Mechanisms contributing to development of diabetic nephropathy (DN) remain unclear. High ambient glucose level transforms intracellular pathways, promoting stable phenotypic changes in the glomerulus such as mesangial cell hypertrophy, podocyte apoptosis, and matrix expansion. Insulin-like growth factors (IGFs) and the high affinity IGF binding proteins (IGFBPs) exert major effects on cell growth and metabolism.
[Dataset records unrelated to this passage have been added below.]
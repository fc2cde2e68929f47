-- ===== src/Live/Absent.antt =====
-- internal/verifylive/verifylive.go: a tenant whose rows are all gone from the log store.
use multi_log.Prelude.{◌≡◌, refl, List, [], ◌∷◌, Bytes, ok, done, keys}
use multi_log.Crypto.{Sha256}
use multi_log.Chain.{new_store, tenants, sort_strings}
use multi_log.Witness.{CheckpointStore, Notary, ProofLedger, new_proof_ledger}
use multi_log.Verify.{empty_report, verify_tenants, verify}
use multi_log.Live.{DataPlane, gather, verify_live, run_tenant}

gather-deleted :
    (plane : DataPlane) (t : Bytes) (ledger : ProofLedger)
    → plane.entries_asc t ≡ ok []
    → plane.load_ledger t new_proof_ledger ≡ ok ledger
    → gather plane (t ∷ []) new_store new_proof_ledger ≡ ok (new_store, ledger)
unfolding gather
gather-deleted plane t ledger gone loaded = rw (gone, gather, loaded) refl

module _ ⦃sha : Sha256⦄ where
  verify_new_store :
      (worm : CheckpointStore) (state : worm.State) (ledger : ProofLedger) (notaries : List Notary)
      → verify new_store worm state ledger notaries ≡ done (empty_report, new_store)
  unfolding verify verify_tenants tenants sort_strings keys
  verify_new_store worm state ledger notaries = refl

  -- A tenant all of whose rows are gone from the log store passes the live verification with no issue
  -- and nothing checked, whatever the checkpoint store holds for it.
  pub run_tenant-deleted :
      (plane : DataPlane) (worm : CheckpointStore) (state : worm.State) (notaries : List Notary)
      (t : Bytes) (ledger : ProofLedger)
      → plane.entries_asc t ≡ ok []
      → plane.load_ledger t new_proof_ledger ≡ ok ledger
      → run_tenant plane worm state notaries t ≡ done (ok empty_report)
  unfolding run_tenant verify_live
  run_tenant-deleted plane worm state notaries t ledger gone loaded =
      rw (gather-deleted plane t ledger gone loaded, verify_new_store worm state ledger notaries)
        refl
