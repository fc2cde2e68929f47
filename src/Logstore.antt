-- ===== src/Logstore.antt =====
-- internal/logstore/clickhouse.go: the log store over ClickHouse. The driver's connection is an
-- interface over the database's state. A time is its nanoseconds since 1970, a statement its text.
pub mod Rows
pub mod Search
pub mod Schema
use multi_log.Prelude.{
  and_then, is_empty, ℕ, ◌+◌, ◌-◌, ◌*◌, ◌%◌, ◌^◌, ltb, leb, ◌==◌, not, ◌&&◌, if◌then◌else◌, Bool,
  true, false, ◌||◌, List, [], ◌∷◌, ◌++◌, map, Option, none, some, Bytes, codes, bytes_equal, ℤ,
  pos, negsuc, decode_string, encode_to_string, text, Result, ok, err,
}
use multi_log.Crypto.{Sha256, genesis}
use multi_log.Chain.{Entry}
use multi_log.Witness.{decimal}

-- A row of the table of logs, with the two hashes in hexadecimal.
pub record Row : Type 0 where
  pub tenant_id : Bytes
  pub seq : ℕ
  pub event_time : ℤ
  pub ingest_time : ℤ
  pub source : Bytes
  pub raw : Bytes
  pub prev_hash : Bytes
  pub entry_hash : Bytes

-- An argument for a `?` of a statement.
pub data Arg : Type 0 where
  text_arg : Bytes → Arg
  number_arg : ℕ → Arg
  time_arg : ℤ → Arg

-- driver.Conn, with one operation for each shape of result. `prepare_batch` and `append_row` are the
-- two calls of a batch before `send`, which alone changes the state.
pub record Conn : Type 1 where
  pub State : Type 0
  pub prepare_batch : Bytes → State → Result (Unit {0})
  pub append_row : Row → State → Result (Unit {0})
  pub send : List Row → State → Result (Unit {0}) × State
  pub query_rows : Bytes → List Arg → State → Result (List Row)
  pub query_heads : Bytes → List Arg → State → Result (List (ℕ × Bytes))
  pub query_tenants : Bytes → State → Result (List Bytes)
  pub exec : Bytes → State → Result (Unit {0}) × State

unfoldable pub table : Bytes → Bytes
table db = db ++ codes ".logs"

-- A row as `Append` sends it.
unfoldable pub to_row : Entry → Row
to_row e = record {
  tenant_id = e.tenant_id;
  seq = e.seq;
  event_time = e.event_time;
  ingest_time = e.ingest_time;
  source = e.source;
  raw = e.raw;
  prev_hash = encode_to_string e.prev_hash;
  entry_hash = encode_to_string e.entry_hash;
}

abbrev bad_hex : Result Bytes
bad_hex = err (text (codes "encoding/hex"))

abbrev pub from_hex : Bytes → Result Bytes
from_hex s = elim (decode_string s) [ none ↦ bad_hex | some b ↦ ok b ]

-- The body of the loop of `scanEntries`.
unfoldable pub from_row : Row → Result Entry
from_row r = and_then (from_hex r.prev_hash) (λ prev. and_then (from_hex r.entry_hash) (λ hash.
    ok (record {
      tenant_id = r.tenant_id;
      seq = r.seq;
      event_time = r.event_time;
      ingest_time = r.ingest_time;
      source = r.source;
      raw = r.raw;
      prev_hash = prev;
      entry_hash = hash;
    })))

unfoldable pub scan_entries : List Row → Result (List Entry)
scan_entries [] = ok []
scan_entries (r ∷ rows) =
    let rest = scan_entries rows in and_then (from_row r) (λ e. and_then rest (λ es. ok (e ∷ es)))

-- The columns that are read back, in the order of the scan.
abbrev pub select_columns : Bytes
select_columns =
    codes "SELECT tenant_id, seq, event_time, ingest_time, source, raw, prev_hash, entry_hash FROM "

-- What a search is limited to. The zero time, like an empty text, stands for no limit.
pub record SearchParams : Type 0 where
  pub start : ℤ
  pub end : ℤ
  pub text : Bytes
  pub source : Bytes
  pub limit : ℤ

-- The zero time.Time: the first of January of year 1.
abbrev pub zero_time : ℤ
zero_time = negsuc (62135596800 * 1000000000 - 1)

abbrev pub is_zero : ℤ → Bool
is_zero (pos n) = false
is_zero (negsuc n) = n == 62135596800 * 1000000000 - 1

-- The variables `where` and `args` of `Search`, and one of its ifs, which appends to both.
abbrev pub Clauses : Type 0
Clauses = List Bytes × List Arg

abbrev pub add_clause : Bool → Bytes → Arg → Clauses → Clauses
add_clause true condition arg (conditions, args) = (conditions ++ condition ∷ [], args ++ arg ∷ [])
add_clause false condition arg clauses = clauses

unfoldable pub search_clauses : Bytes → SearchParams → Clauses
search_clauses tenant_id p =
    let c0 : Clauses = (codes "tenant_id = ?" ∷ [], text_arg tenant_id ∷ []) in
    let c1 = add_clause (not (is_zero p.start)) (codes "ingest_time >= ?") (time_arg p.start) c0 in
    let c2 = add_clause (not (is_zero p.end)) (codes "ingest_time <= ?") (time_arg p.end) c1 in
    let c3 =
      add_clause (not (is_empty p.text)) (codes "positionCaseInsensitive(raw, ?) > 0")
        (text_arg p.text) c2 in
    add_clause (not (is_empty p.source)) (codes "source = ?") (text_arg p.source) c3

-- At most 10000 rows; 1000 where the limit is not positive or too large.
unfoldable pub search_limit : ℤ → ℕ
search_limit (pos n) = if ltb 0 n && leb n 10000 then n else 1000
search_limit (negsuc n) = 1000

-- strings.Join with " AND "
unfoldable pub join_and : List Bytes → Bytes
join_and [] = []
join_and (c ∷ []) = c
join_and (c ∷ d ∷ cs) = c ++ (codes " AND " ++ join_and (d ∷ cs))

unfoldable pub search_query : Bytes → List Bytes → ℕ → Bytes
unfolding join_and table
search_query db conditions limit =
    select_columns
    ++ (table db
        ++ (codes " WHERE "
            ++ (join_and conditions ++ (codes " ORDER BY seq DESC LIMIT " ++ decimal limit))))

-- A limit that is not positive becomes 100000.
unfoldable pub entries_limit : ℤ → ℕ
entries_limit (pos n) = if ltb 0 n then n else 100000
entries_limit (negsuc n) = 100000

unfoldable pub entries_query : Bytes → ℕ → Bytes
unfolding table
entries_query db limit =
    select_columns
    ++ (table db
        ++ (codes " WHERE tenant_id = ? AND seq >= ? ORDER BY seq ASC LIMIT " ++ decimal limit))

unfoldable pub head_query : Bytes → Bytes
unfolding table
head_query db =
    codes "SELECT seq, entry_hash FROM "
    ++ (table db ++ codes " WHERE tenant_id = ? ORDER BY seq DESC LIMIT 1")

-- The loop of `Head` over the rows, which keeps the last.
abbrev pub last_row : List (ℕ × Bytes) → Option (ℕ × Bytes)
last_row [] = none
last_row (r ∷ []) = some r
last_row (r ∷ x ∷ rows) = last_row (x ∷ rows)

module _ ⦃sha : Sha256⦄ (conn : Conn) (db : Bytes) where
  -- The loop of `Append` over the entries.
  unfoldable pub append_rows : List Entry → conn.State → Result (Unit {0})
  append_rows [] s = ok tt
  append_rows (e ∷ es) s = elim (conn.append_row (to_row e) s) [
    | err x ↦ err x
    | ok _ ↦ append_rows es s
  ]

  unfoldable pub append_batch : List Entry → conn.State → Result (Unit {0}) × conn.State
  unfolding append_rows table
  append_batch es s = elim (conn.prepare_batch (codes "INSERT INTO " ++ table db) s) [
    | err x ↦ (err x, s)
    | ok _ ↦ elim (append_rows es s) [ err x ↦ (err x, s) | ok _ ↦ conn.send (map to_row es) s ]
  ]

  unfoldable pub append : List Entry → conn.State → Result (Unit {0}) × conn.State
  unfolding append_batch
  append [] s = (ok tt, s)
  append (e ∷ es) s = append_batch (e ∷ es) s

  -- What `Head` makes of the row that it keeps.
  abbrev pub resume_at : Bytes → Option (ℕ × Bytes) → Result (ℕ × Bytes)
  resume_at tenant_id none = ok (0, genesis tenant_id)
  resume_at tenant_id (some (seq, hash_hex)) =
      and_then (from_hex hash_hex) (λ prev. ok ((seq + 1) % 2 ^ 64, prev))

  unfoldable pub head : Bytes → conn.State → Result (ℕ × Bytes)
  unfolding head_query
  head tenant_id s =
      and_then (conn.query_heads (head_query db) (text_arg tenant_id ∷ []) s)
        (λ rows. resume_at tenant_id (last_row rows))

  unfoldable pub tenants : conn.State → Result (List Bytes)
  unfolding table
  tenants s = conn.query_tenants (codes "SELECT DISTINCT tenant_id FROM " ++ table db) s

  unfoldable pub entries_asc : Bytes → ℕ → ℤ → conn.State → Result (List Entry)
  unfolding entries_query entries_limit
  entries_asc tenant_id start_seq limit s =
      and_then
        (conn.query_rows (entries_query db (entries_limit limit))
          (text_arg tenant_id ∷ number_arg start_seq ∷ []) s)
        scan_entries

  unfoldable pub search : Bytes → SearchParams → conn.State → Result (List Entry)
  unfolding search_clauses search_query search_limit
  search tenant_id p s =
      let (conditions, args) = search_clauses tenant_id p in
      and_then (conn.query_rows (search_query db conditions (search_limit p.limit)) args s)
        scan_entries
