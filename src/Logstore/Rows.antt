-- ===== src/Logstore/Rows.antt =====
-- Rows of the log store, and what a search can return.
use multi_log.Prelude.{
  ◌≡◌, refl, List, [], ◌∷◌, map, Bytes, All, IsByte, encode_to_string,
  decode_string-encode_to_string, ok,
}
use multi_log.Chain.{Entry}
use multi_log.Logstore.{to_row, from_row, from_hex, scan_entries}

abbrev pub HashesAreBytes : Entry → Type 0
HashesAreBytes e = All IsByte e.prev_hash × All IsByte e.entry_hash

from_hex-encode_to_string : (b : Bytes) → All IsByte b → from_hex (encode_to_string b) ≡ ok b
from_hex-encode_to_string b bytes = rw (from_hex, decode_string-encode_to_string b bytes) refl

from_row-to_row : (e : Entry) → HashesAreBytes e → from_row (to_row e) ≡ ok e
unfolding from_row to_row
from_row-to_row e (prev, hash) =
    rw
      (
        from_row,
        to_row,
        from_hex-encode_to_string e.prev_hash prev,
        from_hex-encode_to_string e.entry_hash hash,
      )
      refl

-- Entries whose hashes are byte strings are read back by `scanEntries` from the rows that `Append`
-- sends for them, in the same order.
pub scan_entries-to_row :
    (es : List Entry) → All HashesAreBytes es → scan_entries (map to_row es) ≡ ok es
unfolding scan_entries
scan_entries-to_row [] bytes = refl
scan_entries-to_row (e ∷ es) (one, more) =
    rw (from_row-to_row e one, scan_entries-to_row es more) refl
Compared with diabetic patients without microalbuminuria (MA), MA diabetic patients display perturbed GH–IGF–IGFBP homeostasis, including increased circulating IGF-I and IGFBP-3 protease activity, increased excretion of bioactive GH, IGF-I, and IGFBP-3, but decreased circulating IGFBP-3 levels. In diabetic animal models, expression of IGF-I and IGFBP-1 to -4 increases in key renal tissues and glomerular ulrafiltrate. Epithelial, mesangial, and endothelial cells derived from the kidney respond to IGF-I binding with increased protein synthesis, migration, and proliferation. This article reviews classic and emerging concepts for the roles of the GH–IGF–IGFBP axis in the etiopathophysiology, treatment, and prevention of diabetic renal disease. We report IGF-independent actions of IGFBP-3 in the podocyte for the first time.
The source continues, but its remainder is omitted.